> Problem to solve
Reproduce, from the lines below, exactly the stretch that begins at the line containing "pub owner : OwnershipKey" and ends at the line containing "unfolding keep", both included.

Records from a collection
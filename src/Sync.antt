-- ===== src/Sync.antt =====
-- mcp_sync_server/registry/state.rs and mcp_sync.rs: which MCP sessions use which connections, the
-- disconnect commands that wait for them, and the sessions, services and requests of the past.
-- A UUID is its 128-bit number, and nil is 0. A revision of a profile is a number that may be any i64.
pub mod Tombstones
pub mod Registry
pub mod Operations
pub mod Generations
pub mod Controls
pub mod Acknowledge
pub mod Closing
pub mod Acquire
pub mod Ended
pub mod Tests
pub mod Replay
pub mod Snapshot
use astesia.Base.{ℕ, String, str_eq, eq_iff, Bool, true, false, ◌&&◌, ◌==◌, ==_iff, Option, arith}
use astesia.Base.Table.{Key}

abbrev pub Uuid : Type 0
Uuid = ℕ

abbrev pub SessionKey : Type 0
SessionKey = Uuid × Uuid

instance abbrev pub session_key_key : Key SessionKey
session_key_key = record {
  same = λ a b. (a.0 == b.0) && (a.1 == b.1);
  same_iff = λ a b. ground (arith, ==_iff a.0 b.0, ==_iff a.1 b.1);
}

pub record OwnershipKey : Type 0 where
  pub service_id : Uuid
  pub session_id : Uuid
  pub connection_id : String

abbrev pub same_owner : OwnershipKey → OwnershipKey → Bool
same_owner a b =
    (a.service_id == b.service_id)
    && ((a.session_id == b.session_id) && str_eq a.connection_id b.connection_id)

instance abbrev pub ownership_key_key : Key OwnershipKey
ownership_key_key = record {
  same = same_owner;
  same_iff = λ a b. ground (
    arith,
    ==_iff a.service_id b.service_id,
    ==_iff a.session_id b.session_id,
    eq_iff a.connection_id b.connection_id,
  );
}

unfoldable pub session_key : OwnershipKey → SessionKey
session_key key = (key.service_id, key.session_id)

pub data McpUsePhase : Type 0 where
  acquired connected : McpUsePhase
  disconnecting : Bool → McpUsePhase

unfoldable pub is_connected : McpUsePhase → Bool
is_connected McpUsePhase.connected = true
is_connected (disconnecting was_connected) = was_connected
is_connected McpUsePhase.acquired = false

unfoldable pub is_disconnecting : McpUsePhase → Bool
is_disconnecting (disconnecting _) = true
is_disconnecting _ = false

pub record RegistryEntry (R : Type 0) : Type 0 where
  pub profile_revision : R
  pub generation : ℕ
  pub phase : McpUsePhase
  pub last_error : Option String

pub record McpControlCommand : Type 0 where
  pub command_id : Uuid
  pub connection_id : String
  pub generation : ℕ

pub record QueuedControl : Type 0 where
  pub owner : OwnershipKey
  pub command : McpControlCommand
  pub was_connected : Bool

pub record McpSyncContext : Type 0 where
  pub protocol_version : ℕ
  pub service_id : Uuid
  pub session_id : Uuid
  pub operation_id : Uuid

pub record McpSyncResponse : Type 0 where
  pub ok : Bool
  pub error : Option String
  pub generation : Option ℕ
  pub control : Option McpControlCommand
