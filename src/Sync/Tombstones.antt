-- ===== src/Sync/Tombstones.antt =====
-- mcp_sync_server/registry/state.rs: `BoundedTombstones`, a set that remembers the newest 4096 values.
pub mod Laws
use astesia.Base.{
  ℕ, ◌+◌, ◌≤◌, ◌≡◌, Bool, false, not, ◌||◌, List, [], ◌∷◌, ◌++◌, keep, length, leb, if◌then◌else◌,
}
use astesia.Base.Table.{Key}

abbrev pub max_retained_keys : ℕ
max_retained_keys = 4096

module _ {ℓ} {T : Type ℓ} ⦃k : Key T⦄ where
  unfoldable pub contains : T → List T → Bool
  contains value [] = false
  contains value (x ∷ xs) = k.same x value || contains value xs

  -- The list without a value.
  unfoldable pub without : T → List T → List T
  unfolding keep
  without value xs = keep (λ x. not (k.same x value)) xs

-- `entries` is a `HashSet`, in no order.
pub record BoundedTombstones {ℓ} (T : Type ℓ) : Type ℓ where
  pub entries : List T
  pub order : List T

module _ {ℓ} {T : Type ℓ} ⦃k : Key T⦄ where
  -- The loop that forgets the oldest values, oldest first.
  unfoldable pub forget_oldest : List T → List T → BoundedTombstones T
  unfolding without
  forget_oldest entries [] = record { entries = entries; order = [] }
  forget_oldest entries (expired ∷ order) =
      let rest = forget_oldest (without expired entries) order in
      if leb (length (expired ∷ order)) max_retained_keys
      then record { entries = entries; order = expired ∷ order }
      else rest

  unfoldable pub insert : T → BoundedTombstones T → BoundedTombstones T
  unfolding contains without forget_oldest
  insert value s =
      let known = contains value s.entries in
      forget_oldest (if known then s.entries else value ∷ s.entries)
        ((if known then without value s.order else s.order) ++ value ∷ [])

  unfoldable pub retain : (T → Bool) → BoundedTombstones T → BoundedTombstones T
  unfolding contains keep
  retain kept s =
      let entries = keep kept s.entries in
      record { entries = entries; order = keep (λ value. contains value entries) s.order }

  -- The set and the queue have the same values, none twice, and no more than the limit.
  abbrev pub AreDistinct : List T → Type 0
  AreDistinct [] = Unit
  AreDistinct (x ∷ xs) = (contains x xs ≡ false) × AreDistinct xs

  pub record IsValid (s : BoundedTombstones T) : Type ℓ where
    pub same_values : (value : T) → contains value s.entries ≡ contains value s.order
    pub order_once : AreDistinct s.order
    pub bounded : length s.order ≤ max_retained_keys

> Written answer
  pub owner : OwnershipKey
  pub command : McpControlCommand
  pub was_connected : Bool

pub record McpSyncContext : Type 0 where
  pub protocol_version : ℕ
  pub service_id : Uuid
  pub session_id : Uuid
  pub operation_id : Uuid

pub record McpSyncResponse : Type 0 where
  pub ok : Bool
  pub error : Option String
  pub generation : Option ℕ
  pub control : Option McpControlCommand
filename src/Sync/Tombstones.antt
-- ===== src/Sync/Tombstones.antt =====
-- mcp_sync_server/registry/state.rs: `BoundedTombstones`, a set that remembers the newest 4096 values.
pub mod Laws
use astesia.Base.{
  ℕ, ◌+◌, ◌≤◌, ◌≡◌, Bool, false, not, ◌||◌, List, [], ◌∷◌, ◌++◌, keep, length, leb, if◌then◌else◌,
}
use astesia.Base.Table.{Key}

abbrev pub max_retained_keys : ℕ
max_retained_keys = 4096

module _ {ℓ} {T : Type ℓ} ⦃k : Key T⦄ where
  unfoldable pub contains : T → List T → Bool
  contains value [] = false
  contains value (x ∷ xs) = k.same x value || contains value xs

  -- The list without a value.
  unfoldable pub without : T → List T → List T
  unfolding keep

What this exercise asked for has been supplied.